Behavior of High-Strength Concrete Members Subjected to Combined Flexure and Axial Compression Loadings

Abstract

The use of high-strength concrete (HSC) in structures and bridges has become a common practice worldwide. In bridges, HSC could lead to a reduction in number and depth of the girders as well as an increase in the span length. These features reduce the complexity of a project with reduced number of piers, construction time and cost. Furthermore, the enhanced durability of HSC could result in reduction of the maintenance costs and increase the service life of the structure. In buildings, the sizes of the members could be significantly reduced which could help in the design and construction of higher structures with larger spans. However, due to lack of research data, most of the design codes worldwide limit the applicability of HSC.

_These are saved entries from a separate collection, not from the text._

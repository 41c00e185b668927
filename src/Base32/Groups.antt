-- ===== src/Base32/Groups.antt =====
-- The groups of eight letters of `b32encode`, and what `b32decode` reads of each.
use native.Mathlib.Nat.{pow-suc, div-div-eq-div-mul}
use mathlib.Core.List.{append_assoc}
use filecoin_porep_market_to.Prelude.{
  ℕ, zero, suc, ◌+◌, ◌-◌, ◌*◌, ◌/◌, ◌%◌, ◌^◌, ◌≤◌, ◌<◌, ◌≡◌, ◌≢◌, refl, ap, sym, ◌∙◌, true, some,
  List, [], ◌∷◌, ◌++◌, ok, arith, length, take, drop, map, nonempty, All,
}
use filecoin_porep_market_to.Bytes.{from_bytes, big_endian}
use filecoin_porep_market_to.Base32.{
  pad, pads, letter, digit_of, digits32, group_letters, b32encode, lower, upper, letters_value,
  last_bytes, decode_groups, is_padding,
}

-- A capital letter of the alphabet, or one of its digits.
abbrev pub IsLetter : ℕ → Type 0
IsLetter c = (digit : ℕ) × (digit < 32) × (c ≡ letter digit)

digit_of-letter : (d : ℕ) → d < 32 → digit_of (letter d) ≡ some d
unfolding digit_of letter
digit_of-letter d h = ground arith

pub letter_plain : (c : ℕ) → IsLetter c → (upper (lower c) ≡ c) × (lower c ≢ pad) × (c ≢ pad)
unfolding letter lower upper
letter_plain c (d, h, e) = ground arith

letters_value-digits32 :
    (size x acc : ℕ) → x / 32 ^ size ≡ acc → letters_value acc (map letter (digits32 size x)) ≡ ok x
unfolding letters_value digits32
letters_value-digits32 zero x acc h = ap ok (omega arith)
letters_value-digits32 (suc size) x acc h =
    let here = digit_of-letter (x / 32 ^ size % 32) (omega arith) in
    let above : x / 32 ^ size / 32 ≡ acc =
      rw (div-div-eq-div-mul x (32 ^ size) 32) (rw (← pow-suc 32 size) h) in
    rw (here, letters_value)
      (letters_value-digits32 size x (acc * 32 + x / 32 ^ size % 32) (omega arith))

pub big_endian_five :
    (a b c d e : ℕ)
    → All (λ n. n < 256) (a ∷ b ∷ c ∷ d ∷ e ∷ [])
    → big_endian 5 (from_bytes 0 (a ∷ b ∷ c ∷ d ∷ e ∷ [])) ≡ a ∷ b ∷ c ∷ d ∷ e ∷ []
unfolding big_endian from_bytes
big_endian_five a b c d e h = ground arith

abbrev pub zeros : List ℕ → List ℕ
zeros (a ∷ []) = a ∷ 0 ∷ 0 ∷ 0 ∷ 0 ∷ []
zeros (a ∷ b ∷ []) = a ∷ b ∷ 0 ∷ 0 ∷ 0 ∷ []
zeros (a ∷ b ∷ c ∷ []) = a ∷ b ∷ c ∷ 0 ∷ 0 ∷ []
zeros (a ∷ b ∷ c ∷ d ∷ []) = a ∷ b ∷ c ∷ d ∷ 0 ∷ []
zeros bytes = bytes

-- The letters of the bytes without the padding, and how many characters of padding follow.
unfoldable pub core : List ℕ → List ℕ
core [] = []
core (a ∷ []) = take 2 (group_letters (zeros (a ∷ [])))
core (a ∷ b ∷ []) = take 4 (group_letters (zeros (a ∷ b ∷ [])))
core (a ∷ b ∷ c ∷ []) = take 5 (group_letters (zeros (a ∷ b ∷ c ∷ [])))
core (a ∷ b ∷ c ∷ d ∷ []) = take 7 (group_letters (zeros (a ∷ b ∷ c ∷ d ∷ [])))
core (a ∷ b ∷ c ∷ d ∷ e ∷ bytes) = group_letters (a ∷ b ∷ c ∷ d ∷ e ∷ []) ++ core bytes

unfoldable pub missing_of : List ℕ → ℕ
missing_of [] = 0
missing_of (a ∷ []) = 6
missing_of (a ∷ b ∷ []) = 4
missing_of (a ∷ b ∷ c ∷ []) = 3
missing_of (a ∷ b ∷ c ∷ d ∷ []) = 1
missing_of (a ∷ b ∷ c ∷ d ∷ e ∷ bytes) = missing_of bytes

pub b32encode-core : (bytes : List ℕ) → b32encode bytes ≡ core bytes ++ pads (missing_of bytes)
unfolding b32encode core missing_of pads
b32encode-core [] = refl
b32encode-core (a ∷ []) = refl
b32encode-core (a ∷ b ∷ []) = refl
b32encode-core (a ∷ b ∷ c ∷ []) = refl
b32encode-core (a ∷ b ∷ c ∷ d ∷ []) = refl
b32encode-core (a ∷ b ∷ c ∷ d ∷ e ∷ bytes) = rw (b32encode-core bytes) (
    sym (
      append_assoc (group_letters (a ∷ b ∷ c ∷ d ∷ e ∷ [])) (core bytes) (pads (missing_of bytes))))

digits32-All : (size x : ℕ) → All IsLetter (map letter (digits32 size x))
unfolding digits32
digits32-All zero x = tt
digits32-All (suc size) x = ((x / 32 ^ size % 32, omega arith, refl), digits32-All size x)

take-All {ℓ κ} : {A : Type ℓ} (P : A → Type κ) (n : ℕ) (xs : List A) → All P xs → All P (take n xs)
take-All P zero xs h = tt
take-All P (suc n) [] h = tt
take-All P (suc n) (x ∷ xs) h = (h.0, take-All P n xs h.1)

append-All {ℓ κ} :
    {A : Type ℓ} (P : A → Type κ) (xs ys : List A) → All P xs → All P ys → All P (xs ++ ys)
append-All P [] ys hx hy = hy
append-All P (x ∷ xs) ys hx hy = (hx.0, append-All P xs ys hx.1 hy)

group_letters-All : (bytes : List ℕ) → All IsLetter (group_letters bytes)
unfolding group_letters
group_letters-All bytes = digits32-All 8 (from_bytes 0 bytes)

pub core-All : (bytes : List ℕ) → All IsLetter (core bytes)
unfolding core
core-All [] = tt
core-All (a ∷ []) = take-All IsLetter 2 _ (group_letters-All (zeros (a ∷ [])))
core-All (a ∷ b ∷ []) = take-All IsLetter 4 _ (group_letters-All (zeros (a ∷ b ∷ [])))
core-All (a ∷ b ∷ c ∷ []) = take-All IsLetter 5 _ (group_letters-All (zeros (a ∷ b ∷ c ∷ [])))
core-All (a ∷ b ∷ c ∷ d ∷ []) =
    take-All IsLetter 7 _ (group_letters-All (zeros (a ∷ b ∷ c ∷ d ∷ [])))
core-All (a ∷ b ∷ c ∷ d ∷ e ∷ bytes) =
    append-All IsLetter _ (core bytes) (group_letters-All (a ∷ b ∷ c ∷ d ∷ e ∷ [])) (core-All bytes)

length-digits32 : (size x : ℕ) → length (map letter (digits32 size x)) ≡ size
unfolding digits32
length-digits32 zero x = refl
length-digits32 (suc size) x = ap suc (length-digits32 size x)

pub length-group : (bytes : List ℕ) → length (group_letters bytes) ≡ 8
unfolding group_letters
length-group bytes = length-digits32 8 (from_bytes 0 bytes)

pub length-core :
    (bytes : List ℕ)
    → (groups : ℕ) × (length (core bytes) + missing_of bytes ≡ 8 * groups)
      × (missing_of bytes < 8)
      × (is_padding (missing_of bytes) ≡ true)
unfolding core missing_of group_letters digits32
length-core [] = (0, refl, omega arith, refl)
length-core (a ∷ []) = (1, refl, omega arith, refl)
length-core (a ∷ b ∷ []) = (1, refl, omega arith, refl)
length-core (a ∷ b ∷ c ∷ []) = (1, refl, omega arith, refl)
length-core (a ∷ b ∷ c ∷ d ∷ []) = (1, refl, omega arith, refl)
length-core (a ∷ b ∷ c ∷ d ∷ e ∷ bytes) =
    let (groups, whole, few, ok_padding) = length-core bytes in
    (suc groups, omega arith, few, ok_padding)

drop-append : (xs ys : List ℕ) (n : ℕ) → length xs ≡ n → drop n (xs ++ ys) ≡ ys
drop-append [] ys n h = rw (← h)
drop-append (x ∷ xs) ys zero h = absurd (omega arith)
drop-append (x ∷ xs) ys (suc n) h = drop-append xs ys n (omega arith)

take-append : (xs ys : List ℕ) (n : ℕ) → length xs ≡ n → take n (xs ++ ys) ≡ xs
take-append [] ys n h = rw (← h)
take-append (x ∷ xs) ys zero h = absurd (omega arith)
take-append (x ∷ xs) ys (suc n) h = ap (λ t. x ∷ t) (take-append xs ys n (omega arith))

-- The first letters of a number stand for its highest digits.
letters_value-take :
    (k m x acc : ℕ)
    → x / 32 ^ (k + m) ≡ acc
    → letters_value acc (take k (map letter (digits32 (k + m) x))) ≡ ok (x / 32 ^ m)
unfolding letters_value digits32
letters_value-take zero m x acc h = let e : 0 + m ≡ m = omega arith in ap ok (rw (← e) (sym h))
letters_value-take (suc k) m x acc h =
    let one_more : suc k + m ≡ suc (k + m) = omega arith in
    let h' : x / 32 ^ suc (k + m) ≡ acc = rw (← one_more) h in
    let here = digit_of-letter (x / 32 ^ (k + m) % 32) (omega arith) in
    let above : x / 32 ^ (k + m) / 32 ≡ acc =
      rw (div-div-eq-div-mul x (32 ^ (k + m)) 32) (rw (← pow-suc 32 (k + m)) h') in
    rw (one_more) (
      rw (here, letters_value)
        (letters_value-take k m x (acc * 32 + x / 32 ^ (k + m) % 32) (omega arith)))

from_bytes_bound :
    (a b c d e : ℕ)
    → All (λ n. n < 256) (a ∷ b ∷ c ∷ d ∷ e ∷ [])
    → from_bytes 0 (a ∷ b ∷ c ∷ d ∷ e ∷ []) / 32 ^ 8 ≡ 0
unfolding from_bytes
from_bytes_bound a b c d e h = ground arith

pub letters_value-group :
    (a b c d e : ℕ)
    → All (λ n. n < 256) (a ∷ b ∷ c ∷ d ∷ e ∷ [])
    → letters_value 0 (group_letters (a ∷ b ∷ c ∷ d ∷ e ∷ []))
      ≡ ok (from_bytes 0 (a ∷ b ∷ c ∷ d ∷ e ∷ []))
unfolding group_letters
letters_value-group a b c d e h =
    letters_value-digits32 8 (from_bytes 0 (a ∷ b ∷ c ∷ d ∷ e ∷ [])) 0
      (from_bytes_bound a b c d e h)

pub decode_groups_step :
    (fuel c v missing : ℕ) (cs rest bytes : List ℕ)
    → length (c ∷ cs) ≡ 8
    → letters_value 0 (c ∷ cs) ≡ ok v
    → nonempty rest ≡ true
    → decode_groups fuel rest missing ≡ ok bytes
    → decode_groups (suc fuel) ((c ∷ cs) ++ rest) missing ≡ ok (big_endian 5 v ++ bytes)
unfolding decode_groups
decode_groups_step fuel c v missing cs rest bytes eight read more decoded =
    let taken = take-append (c ∷ cs) rest 8 eight in
    let dropped = drop-append (c ∷ cs) rest 8 eight in ground (arith, taken, dropped)

pub nonempty-core : (a : ℕ) (bytes : List ℕ) → nonempty (core (a ∷ bytes)) ≡ true
unfolding core group_letters digits32
nonempty-core a [] = refl
nonempty-core a (b ∷ []) = refl
nonempty-core a (b ∷ c ∷ []) = refl
nonempty-core a (b ∷ c ∷ d ∷ []) = refl
nonempty-core a (b ∷ c ∷ d ∷ e ∷ bytes) = refl

length_positive : (xs : List ℕ) → nonempty xs ≡ true → 0 < length xs
length_positive [] h = cc
length_positive (x ∷ xs) h = omega arith

take_all : (n : ℕ) (xs : List ℕ) → length xs ≤ n → take n xs ≡ xs
take_all zero [] h = refl
take_all zero (x ∷ xs) h = absurd (omega arith)
take_all (suc n) [] h = refl
take_all (suc n) (x ∷ xs) h = ap (λ t. x ∷ t) (take_all n xs (omega arith))

drop_all : (n : ℕ) (xs : List ℕ) → length xs ≤ n → drop n xs ≡ []
drop_all zero [] h = refl
drop_all zero (x ∷ xs) h = absurd (omega arith)
drop_all (suc n) [] h = refl
drop_all (suc n) (x ∷ xs) h = drop_all n xs (omega arith)

decode_groups_last :
    (fuel c v missing : ℕ) (cs : List ℕ)
    → length (c ∷ cs) ≤ 8
    → letters_value 0 (c ∷ cs) ≡ ok v
    → decode_groups (suc fuel) (c ∷ cs) missing ≡ ok (last_bytes missing v)
unfolding decode_groups
decode_groups_last fuel c v missing cs few read =
    let taken = take_all 8 (c ∷ cs) few in
    let dropped = drop_all 8 (c ∷ cs) few in ground (arith, taken, dropped)

-- The bytes that the letters of a padded group give back.
last_bytes_padded :
    (missing a b c d e : ℕ)
    → All (λ n. n < 256) (a ∷ b ∷ c ∷ d ∷ e ∷ [])
    → from_bytes 0 (a ∷ b ∷ c ∷ d ∷ e ∷ []) / 32 ^ missing * 32 ^ missing
      ≡ from_bytes 0 (a ∷ b ∷ c ∷ d ∷ e ∷ [])
    → last_bytes missing (from_bytes 0 (a ∷ b ∷ c ∷ d ∷ e ∷ []) / 32 ^ missing)
      ≡ take ((43 - 5 * missing) / 8) (a ∷ b ∷ c ∷ d ∷ e ∷ [])
unfolding last_bytes
last_bytes_padded missing a b c d e h whole = rw (whole, big_endian_five a b c d e h)

pub whole_one :
    (a : ℕ)
    → from_bytes 0 (a ∷ 0 ∷ 0 ∷ 0 ∷ 0 ∷ []) / 32 ^ 6 * 32 ^ 6
      ≡ from_bytes 0 (a ∷ 0 ∷ 0 ∷ 0 ∷ 0 ∷ [])
unfolding from_bytes
whole_one a = omega arith

pub whole_two :
    (a b : ℕ)
    → from_bytes 0 (a ∷ b ∷ 0 ∷ 0 ∷ 0 ∷ []) / 32 ^ 4 * 32 ^ 4
      ≡ from_bytes 0 (a ∷ b ∷ 0 ∷ 0 ∷ 0 ∷ [])
unfolding from_bytes
whole_two a b = omega arith

pub whole_three :
    (a b c : ℕ)
    → from_bytes 0 (a ∷ b ∷ c ∷ 0 ∷ 0 ∷ []) / 32 ^ 3 * 32 ^ 3
      ≡ from_bytes 0 (a ∷ b ∷ c ∷ 0 ∷ 0 ∷ [])
unfolding from_bytes
whole_three a b c = omega arith

pub whole_four :
    (a b c d : ℕ)
    → from_bytes 0 (a ∷ b ∷ c ∷ d ∷ 0 ∷ []) / 32 ^ 1 * 32 ^ 1
      ≡ from_bytes 0 (a ∷ b ∷ c ∷ d ∷ 0 ∷ [])
unfolding from_bytes
whole_four a b c d = omega arith

length-take : (k : ℕ) (xs : List ℕ) → length (take k xs) ≤ k
length-take zero xs = omega arith
length-take (suc k) [] = omega arith
length-take (suc k) (x ∷ xs) = let rest = length-take k xs in omega arith

pub decode_groups_short :
    (fuel v missing : ℕ) (xs : List ℕ)
    → nonempty xs ≡ true
    → length xs ≤ 8
    → letters_value 0 xs ≡ ok v
    → decode_groups (suc fuel) xs missing ≡ ok (last_bytes missing v)
decode_groups_short fuel v missing [] some_letter few read = cc
decode_groups_short fuel v missing (c ∷ cs) some_letter few read =
    decode_groups_last fuel c v missing cs few read

pub last_group :
    (fuel k missing a b c d e : ℕ)
    → k + missing ≡ 8
    → nonempty (take k (group_letters (a ∷ b ∷ c ∷ d ∷ e ∷ []))) ≡ true
    → All (λ n. n < 256) (a ∷ b ∷ c ∷ d ∷ e ∷ [])
    → from_bytes 0 (a ∷ b ∷ c ∷ d ∷ e ∷ []) / 32 ^ missing * 32 ^ missing
      ≡ from_bytes 0 (a ∷ b ∷ c ∷ d ∷ e ∷ [])
    → decode_groups (suc fuel) (take k (group_letters (a ∷ b ∷ c ∷ d ∷ e ∷ []))) missing
      ≡ ok (take ((43 - 5 * missing) / 8) (a ∷ b ∷ c ∷ d ∷ e ∷ []))
unfolding group_letters
last_group fuel k missing a b c d e eight some_letter h whole =
    let x = from_bytes 0 (a ∷ b ∷ c ∷ d ∷ e ∷ []) in
    let bound : x / 32 ^ (k + missing) ≡ 0 = rw (eight) (from_bytes_bound a b c d e h) in
    let read = letters_value-take k missing x 0 bound in
    let read' : letters_value 0 (take k (map letter (digits32 8 x))) ≡ ok (x / 32 ^ missing) =
      rw (← eight) read in
    let few = length-take k (map letter (digits32 8 x)) in
    decode_groups_short fuel (x / 32 ^ missing) missing _ some_letter (omega arith) read'
    ∙ ap ok (last_bytes_padded missing a b c d e h whole)
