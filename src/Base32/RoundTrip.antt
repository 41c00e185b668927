-- ===== src/Base32/RoundTrip.antt =====
-- A CID in base 32 reads back as its bytes.
use filecoin_porep_market_to.Prelude.{
  ℕ, zero, suc, ◌-◌, ◌*◌, ◌/◌, ◌%◌, ◌^◌, ◌≤◌, ◌<◌, ◌≡◌, ◌≢◌, refl, ap, ◌∙◌, List, [], ◌∷◌, ◌++◌, ok,
  arith, length, length-append, map, All,
}
use filecoin_porep_market_to.Bytes.{from_bytes}
use filecoin_porep_market_to.Base32.{
  pad, pads, digits32, group_letters, rstrip, lower, upper, encode_base32_cid, decode_groups,
  b32decode, decode_base32_cid,
}
use filecoin_porep_market_to.Base32.Groups.{
  IsLetter, letter_plain, core, missing_of, b32encode-core, core-All, length-core,
  letters_value-group, big_endian_five, decode_groups_step, last_group, whole_one, whole_two,
  whole_three, whole_four, nonempty-core,
}

low : 0 < 256
low = omega arith

whole_five :
    (a b c d e : ℕ)
    → from_bytes 0 (a ∷ b ∷ c ∷ d ∷ e ∷ []) / 32 ^ 0 * 32 ^ 0
      ≡ from_bytes 0 (a ∷ b ∷ c ∷ d ∷ e ∷ [])
unfolding from_bytes
whole_five a b c d e = omega arith

decode_groups-core :
    (fuel : ℕ) (bytes : List ℕ)
    → length (core bytes) ≤ fuel
    → All (λ n. n < 256) bytes
    → decode_groups fuel (core bytes) (missing_of bytes) ≡ ok bytes
unfolding decode_groups core missing_of group_letters digits32
decode_groups-core zero [] enough h = refl
decode_groups-core zero (a ∷ []) enough h = absurd (omega arith)
decode_groups-core zero (a ∷ b ∷ []) enough h = absurd (omega arith)
decode_groups-core zero (a ∷ b ∷ c ∷ []) enough h = absurd (omega arith)
decode_groups-core zero (a ∷ b ∷ c ∷ d ∷ []) enough h = absurd (omega arith)
decode_groups-core zero (a ∷ b ∷ c ∷ d ∷ e ∷ bytes) enough h = absurd (omega arith)
decode_groups-core (suc fuel) [] enough h = refl
decode_groups-core (suc fuel) (a ∷ []) enough h =
    last_group fuel 2 6 a 0 0 0 0 refl refl (h.0, (low, (low, (low, (low, tt))))) (whole_one a)
decode_groups-core (suc fuel) (a ∷ b ∷ []) enough h =
    last_group fuel 4 4 a b 0 0 0 refl refl (h.0, (h.1.0, (low, (low, (low, tt))))) (whole_two a b)
decode_groups-core (suc fuel) (a ∷ b ∷ c ∷ []) enough h =
    last_group fuel 5 3 a b c 0 0 refl refl (h.0, (h.1.0, (h.1.1.0, (low, (low, tt)))))
      (whole_three a b c)
decode_groups-core (suc fuel) (a ∷ b ∷ c ∷ d ∷ []) enough h =
    last_group fuel 7 1 a b c d 0 refl refl (h.0, (h.1.0, (h.1.1.0, (h.1.1.1.0, (low, tt)))))
      (whole_four a b c d)
decode_groups-core (suc fuel) (a ∷ b ∷ c ∷ d ∷ e ∷ []) enough h =
    last_group fuel 8 0 a b c d e refl refl h (whole_five a b c d e)
decode_groups-core (suc fuel) (a ∷ b ∷ c ∷ d ∷ e ∷ f ∷ bytes) enough h =
    let five : All (λ n. n < 256) (a ∷ b ∷ c ∷ d ∷ e ∷ []) =
      (h.0, (h.1.0, (h.1.1.0, (h.1.1.1.0, (h.1.1.1.1.0, tt))))) in
    let rest = decode_groups-core fuel (f ∷ bytes) (omega arith) h.1.1.1.1.1 in
    decode_groups_step fuel _ _ (missing_of (f ∷ bytes)) _ (core (f ∷ bytes)) (f ∷ bytes) refl
      (letters_value-group a b c d e five) (nonempty-core f bytes) rest
    ∙ ap (λ group. ok (group ++ f ∷ bytes)) (big_endian_five a b c d e five)

rstrip_append : (xs : List ℕ) (p : ℕ) → All (λ c. c ≢ pad) xs → rstrip (xs ++ pads p) ≡ xs
unfolding rstrip pads
rstrip_append [] zero h = refl
rstrip_append [] (suc p) h = let rest = rstrip_append [] p tt in ground (arith, rest)
rstrip_append (x ∷ xs) p h = let rest = rstrip_append xs p h.1 in ground (arith, rest)

lower-pads : (p : ℕ) → map lower (pads p) ≡ pads p
unfolding lower pads
lower-pads zero = refl
lower-pads (suc p) = ap (λ t. pad ∷ t) (lower-pads p)

map_append : (f : ℕ → ℕ) (xs ys : List ℕ) → map f (xs ++ ys) ≡ map f xs ++ map f ys
map_append f [] ys = refl
map_append f (x ∷ xs) ys = ap (λ t. f x ∷ t) (map_append f xs ys)

upper-lower : (xs : List ℕ) → All IsLetter xs → map upper (map lower xs) ≡ xs
upper-lower [] h = refl
upper-lower (x ∷ xs) h = rw ((letter_plain x h.0).0, upper-lower xs h.1) refl

letters_plain :
    (xs : List ℕ) → All IsLetter xs → All (λ c. c ≢ pad) xs × All (λ c. c ≢ pad) (map lower xs)
letters_plain [] h = (tt, tt)
letters_plain (x ∷ xs) h =
    let (rest, lowered) = letters_plain xs h.1 in
    let (same, low_plain, plain) = letter_plain x h.0 in ((plain, rest), (low_plain, lowered))

length-pads : (p : ℕ) → length (pads p) ≡ p
unfolding pads
length-pads zero = refl
length-pads (suc p) = ap suc (length-pads p)

-- What the encoder writes: `b` and the letters without the padding.
encode_base32_cid-core : (bytes : List ℕ) → encode_base32_cid bytes ≡ 98 ∷ map lower (core bytes)
unfolding encode_base32_cid
encode_base32_cid-core bytes =
    let plain = (letters_plain (core bytes) (core-All bytes)).1 in
    rw
      (
        b32encode-core bytes,
        map_append lower (core bytes) (pads (missing_of bytes)),
        lower-pads (missing_of bytes),
      )
      (ap (λ t. 98 ∷ t) (rstrip_append (map lower (core bytes)) (missing_of bytes) plain))

b32decode-core :
    (bytes : List ℕ)
    → All (λ n. n < 256) bytes
    → b32decode (core bytes ++ pads (missing_of bytes)) ≡ ok bytes
unfolding b32decode
b32decode-core bytes h =
    let (groups, whole, few, is_pad) = length-core bytes in
    let stripped =
      rstrip_append (core bytes) (missing_of bytes)
        (letters_plain (core bytes) (core-All bytes)).0 in
    let decoded = decode_groups-core (length (core bytes)) bytes (omega arith) h in
    let size : length (core bytes ++ pads (missing_of bytes)) ≡ 8 * groups =
      length-append (core bytes) (pads (missing_of bytes))
      ∙ rw (length-pads (missing_of bytes)) whole in
    let missing : length (core bytes ++ pads (missing_of bytes)) - length (core bytes)
        ≡ missing_of bytes =
      omega arith in
    let whole_groups : 8 * groups % 8 ≡ 0 = omega arith in
    rw (stripped, missing, size, whole_groups, is_pad) decoded

-- `_decode_base32_cid` gives back the bytes that `_encode_base32_cid` is given, for every list of
-- bytes, whatever its length.
pub decode_base32_cid-encode_base32_cid :
    (bytes : List ℕ)
    → All (λ n. n < 256) bytes
    → decode_base32_cid (encode_base32_cid bytes) ≡ ok bytes
unfolding decode_base32_cid
decode_base32_cid-encode_base32_cid bytes h =
    let (groups, whole, few, is_pad) = length-core bytes in
    let missing : (8 - length (core bytes) % 8) % 8 ≡ missing_of bytes = omega arith in
    rw (encode_base32_cid-core bytes, upper-lower (core bytes) (core-All bytes))
      (rw (missing) (b32decode-core bytes h))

A total of 21 plain concrete specimens were tested under combined flexure and axial compression to evaluate the stress-strain distribution of HSC in the compression zone of flexural members. The variables considered in this investigation were mainly the strength of concrete and the age of the specimen. The measured stress-strain curves and stress block parameters, including the influence of the concrete strength, were compiled with the data in the literature to evaluate the fundamental characteristics of high-strength concrete in the compression zone of flexural members. A total of 42 cylindrical specimens and 18 prism specimens were used to evaluate the creep and shrinkage properties of HSC. The variables considered in this investigation were the concrete compressive strength, specimen size, curing type, age of concrete at loading and loading stress level. The creep coefficients and shrinkage strains were obtained for the range of concrete compressive strength, evaluated and compiled with the current predictions according to the design codes.

Using the test results of this research and other researches in literature, revisions to the LRFD Bridge Design Specifications (2004) are recommended to extend the applicability of its compressive and combined compressive and flexural design provisions to concrete compressive strengths up to 18 ksi.